BEGIN Extracted data

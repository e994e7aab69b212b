-- ===== src/Transaction/Scalar.antt =====
-- The scalars of a signature, `canonical_signature_scalar_bytes`: fixed 32-byte words lose their leading
-- zeros, as RLP's integers want.
use fast_wallet.Base.{zero, suc, ◌≤◌, ◌≡◌, refl, false, [], ◌∷◌, length, ◌==◌, arith}
use fast_wallet.Transaction.{Bytes}
use fast_wallet.Transaction.Standards.{be_value, leading_zero}
use fast_wallet.Transaction.Encode.{canonical_signature_scalar_bytes}

-- The canonical bytes of a scalar write the same number, have no leading zero, and are not longer.
pub canonical_scalar :
    (bs : Bytes)
    → (be_value 0 (canonical_signature_scalar_bytes bs) ≡ be_value 0 bs)
      × (leading_zero (canonical_signature_scalar_bytes bs) ≡ false)
      × (length (canonical_signature_scalar_bytes bs) ≤ length bs)
unfolding canonical_signature_scalar_bytes be_value leading_zero
canonical_scalar [] = (refl, refl, omega arith)
canonical_scalar (zero ∷ bs) = let ih = canonical_scalar bs in (ih.0, ih.1, omega (arith, ih.2))
canonical_scalar (suc b ∷ bs) =
    let kept : (suc b == 0) ≡ false = ground arith in rw kept (refl, kept, omega arith)
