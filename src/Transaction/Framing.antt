-- ===== src/Transaction/Framing.antt =====
-- Every list that the encoders write is framed right: its header announces exactly the bytes that
-- follow. The specification is RLP's list rule over the fields' encodings.
use fast_wallet.Base.{
  ℕ, ◌+◌, ◌≡◌, refl, sym, ap, ◌∙◌, List, [], ◌∷◌, map, length, length-append, Option, none, some,
  arith,
}
use mathlib.Core.List.{append-nil}
use mathlib.Core.Path.{fun_ext}
use fast_wallet.Transaction.{
  Bytes, AccessListItem, TypedTransaction, legacy, eip2930, eip1559, RecoverableSignature,
}
use fast_wallet.Transaction.Rlp.{Rlp, IsExact}
use fast_wallet.Transaction.Encode.{
  written, sum, encode_item, length_item, encode_to, to_length, encode_access_list,
  access_list_length, encode_signature_scalar, signature_scalar_length,
  canonical_signature_scalar_bytes,
}
use fast_wallet.Transaction.Scalar.{canonical_scalar}
use fast_wallet.Transaction.Standards.{
  rlp_list, access_spec, recipient_spec, Standard, signing_items, signed_items, envelope,
}
use fast_wallet.Transaction.Forms.{
  legacy_len_for_signing, legacy_signed_len, eip1559_len, eip1559_signed_len, eip2930_len,
  eip2930_signed_len, encode_for_signing, encode_signed,
}

length-written : (items : List Bytes) → length (written items) ≡ sum (map length items)
length-written [] = refl
length-written (b ∷ bs) = omega (arith, length-append {0} b (written bs), length-written bs)

module _ (R : Rlp) (exact : IsExact R) where
  open exact use {uint_exact, string_exact, fixed_exact, header_exact, zero_exact}

  length-fixed_all :
      (keys : List Bytes) → sum (map R.fixed_length keys) ≡ length (written (map R.fixed keys))
  length-fixed_all [] = refl
  length-fixed_all (k ∷ ks) = omega (
    arith,
    length-append {0} (R.fixed k) (written (map R.fixed ks)),
    fixed_exact k,
    length-fixed_all ks,
  )

  length-encode_to : (to : Option Bytes) → to_length R to ≡ length (encode_to R to)
  unfolding to_length encode_to
  length-encode_to none = refl
  length-encode_to (some a) = fixed_exact a

  length-scalar :
      (value : Bytes) → signature_scalar_length R value ≡ length (encode_signature_scalar R value)
  unfolding signature_scalar_length encode_signature_scalar
  length-scalar value = string_exact _

  length-rlp_list :
      (items : List Bytes)
      → length (rlp_list R items)
        ≡ R.length_of_length (length (written items)) + length (written items)
  length-rlp_list items = omega (
    arith,
    header_exact (length (written items)),
    length-append {0} (R.list_header (length (written items))) (written items),
  )

  length_item_pair : (a b : Bytes) → length (written (a ∷ b ∷ [])) ≡ length a + length b
  length_item_pair a b = omega (arith, length-written (a ∷ b ∷ []))

  -- An item of an access list is the list of its address and of the list of its keys, and its length is
  -- told right.
  pub encode_item-framed :
      (item : AccessListItem)
      → (encode_item R item
          ≡ rlp_list R (R.fixed item.address ∷ rlp_list R (map R.fixed item.storage_keys) ∷ []))
        × (length_item R item ≡ length (encode_item R item))
  unfolding encode_item length_item
  encode_item-framed item =
      let keys = map R.fixed item.storage_keys in
      let parts = R.fixed item.address ∷ rlp_list R keys ∷ [] in
      let keys_len = length-fixed_all item.storage_keys in
      let payload_len : R.fixed_length item.address
            + R.length_of_length (sum (map R.fixed_length item.storage_keys))
            + sum (map R.fixed_length item.storage_keys)
          ≡ length (written parts) =
        rw keys_len (
          omega (
            arith,
            length_item_pair (R.fixed item.address) (rlp_list R keys),
            length-rlp_list keys,
            fixed_exact item.address,
          )) in
      let framed : encode_item R item ≡ rlp_list R parts =
        rw payload_len (rw keys_len (simp append-nil)) in
      (framed, rw (framed, payload_len) (sym (length-rlp_list parts)))

  length-encode_items :
      (items : List AccessListItem)
      → sum (map (length_item R) items) ≡ length (written (map (encode_item R) items))
  length-encode_items [] = refl
  length-encode_items (x ∷ xs) = omega (
    arith,
    length-append {0} (encode_item R x) (written (map (encode_item R) xs)),
    (encode_item-framed x).1,
    length-encode_items xs,
  )

  -- An access list is the list of its items, and its length is told right.
  pub encode_access_list-framed :
      (items : List AccessListItem)
      → (encode_access_list R items ≡ access_spec R items)
        × (access_list_length R items ≡ length (encode_access_list R items))
  unfolding encode_access_list access_list_length
  encode_access_list-framed items =
      let e = length-encode_items items in
      (
        rw e (ap (λ f. rlp_list R (map f items)) (fun_ext (λ i. (encode_item-framed i).0))),
        rw e (sym (length-rlp_list (map (encode_item R) items))),
      )

  -- The list that a header for `n` bytes begins, if the items are `n` bytes.
  list-framed :
      (n : ℕ) (items : List Bytes)
      → n ≡ length (written items)
      → written (R.list_header n ∷ items) ≡ rlp_list R items
  list-framed n items e = rw e refl

  access-framed : encode_access_list R ≡ access_spec R
  access-framed = fun_ext (λ items. (encode_access_list-framed items).0)

  encode_to-recipient_spec : (to : Option Bytes) → encode_to R to ≡ recipient_spec R to
  unfolding encode_to
  encode_to-recipient_spec none = refl
  encode_to-recipient_spec (some address) = refl

  recipient-framed : encode_to R ≡ recipient_spec R
  recipient-framed = fun_ext encode_to-recipient_spec

  signing-framed :
      (tx : TypedTransaction)
      → encode_for_signing R tx
        ≡ envelope tx (rlp_list R (signing_items R (encode_access_list R) (encode_to R) tx))
  unfolding encode_for_signing
  signing-framed (legacy tx) =
      let items = signing_items R (encode_access_list R) (encode_to R) (legacy tx) in
      list-framed (legacy_len_for_signing R tx) items (
        omega (arith, length-written items, uint_exact, string_exact, zero_exact, length-encode_to))
  signing-framed (eip2930 tx) =
      let items = signing_items R (encode_access_list R) (encode_to R) (eip2930 tx) in
      let access = (encode_access_list-framed tx.access_list).1 in
      ap (◌∷◌ 0x01) (
        list-framed (eip2930_len R tx) items
          (omega (arith, length-written items, uint_exact, string_exact, access, length-encode_to)))
  signing-framed (eip1559 tx) =
      let items = signing_items R (encode_access_list R) (encode_to R) (eip1559 tx) in
      let access = (encode_access_list-framed tx.access_list).1 in
      ap (◌∷◌ 0x02) (
        list-framed (eip1559_len R tx) items
          (omega (arith, length-written items, uint_exact, string_exact, access, length-encode_to)))

  signature-framed :
      (tx : TypedTransaction) (sig : RecoverableSignature)
      → encode_signed R tx sig
        ≡ envelope tx (
            rlp_list R (
              signed_items R
                (encode_access_list R)
                (encode_to R)
                tx
                sig.v
                (canonical_signature_scalar_bytes sig.r)
                (canonical_signature_scalar_bytes sig.s)))
  unfolding encode_signed encode_signature_scalar
  signature-framed (legacy tx) sig =
      let items =
        signed_items R (encode_access_list R) (encode_to R) (legacy tx) sig.v
          (canonical_signature_scalar_bytes sig.r) (canonical_signature_scalar_bytes sig.s) in
      list-framed (legacy_signed_len R tx sig) items (
        omega
          (arith, length-written items, uint_exact, string_exact, length-scalar, length-encode_to))
  signature-framed (eip2930 tx) sig =
      let items =
        signed_items R (encode_access_list R) (encode_to R) (eip2930 tx) sig.v
          (canonical_signature_scalar_bytes sig.r) (canonical_signature_scalar_bytes sig.s) in
      let access = (encode_access_list-framed tx.access_list).1 in
      ap (◌∷◌ 0x01) (
        list-framed (eip2930_signed_len R tx sig) items (
          omega (
            arith,
            length-written items,
            uint_exact,
            string_exact,
            access,
            length-encode_to,
            length-scalar,
          )))
  signature-framed (eip1559 tx) sig =
      let items =
        signed_items R (encode_access_list R) (encode_to R) (eip1559 tx) sig.v
          (canonical_signature_scalar_bytes sig.r) (canonical_signature_scalar_bytes sig.s) in
      let access = (encode_access_list-framed tx.access_list).1 in
      ap (◌∷◌ 0x02) (
        list-framed (eip1559_signed_len R tx sig) items (
          omega (
            arith,
            length-written items,
            uint_exact,
            string_exact,
            access,
            length-encode_to,
            length-scalar,
          )))

  -- The bytes to sign are, for every form, the envelope of the list of the standards' items.
  pub encode_for_signing-framed :
      (tx : TypedTransaction)
      → encode_for_signing R tx
        ≡ envelope tx (rlp_list R (signing_items R (access_spec R) (recipient_spec R) tx))
  encode_for_signing-framed tx =
      signing-framed tx
      ∙ ap (λ a. envelope tx (rlp_list R (signing_items R a (encode_to R) tx))) access-framed
      ∙ ap (λ to. envelope tx (rlp_list R (signing_items R (access_spec R) to tx))) recipient-framed

  -- The signed bytes are, for every form, the envelope of the list of the items of the standards: the fields with the
  -- recipient or the empty string, then the signature, each of whose two numbers is written without leading
  -- zeros.
  pub encode_signed-framed :
      (tx : TypedTransaction) (sig : RecoverableSignature)
      → Standard R tx sig (encode_signed R tx sig)
  encode_signed-framed tx sig =
      let r = canonical_signature_scalar_bytes sig.r in
      let s = canonical_signature_scalar_bytes sig.s in
      let (r_value, r_zero, _) = canonical_scalar sig.r in
      let (s_value, s_zero, _) = canonical_scalar sig.s in
      (
        r,
        s,
        (r_value, r_zero),
        (s_value, s_zero),
        signature-framed tx sig
            ∙ ap (λ a. envelope tx (rlp_list R (signed_items R a (encode_to R) tx sig.v r s)))
                access-framed
            ∙ ap (λ to. envelope tx (rlp_list R (signed_items R (access_spec R) to tx sig.v r s)))
                recipient-framed,
      )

END Extracted data

*Exercise*. The reply should consist solely of the lines above from the one that has "length_item_pair a b" through the one that has "(map R.fixed_length item.storage_keys))", reproduced exactly.

*Exercise output*.
  length_item_pair a b = omega (arith, length-written (a ∷ b ∷ []))

  -- An item of an access list is the list of its address and of the list of its keys, and its length is
  -- told right.
  pub encode_item-framed :
      (item : AccessListItem)
      → (encode_item R item
          ≡ rlp_list R (R.fixed item.address ∷ rlp_list R (map R.fixed item.storage_keys) ∷ []))
        × (length_item R item ≡ length (encode_item R item))
  unfolding encode_item length_item
  encode_item-framed item =
      let keys = map R.fixed item.storage_keys in
      let parts = R.fixed item.address ∷ rlp_list R keys ∷ [] in
      let keys_len = length-fixed_all item.storage_keys in
      let payload_len : R.fixed_length item.address
            + R.length_of_length (sum (map R.fixed_length item.storage_keys))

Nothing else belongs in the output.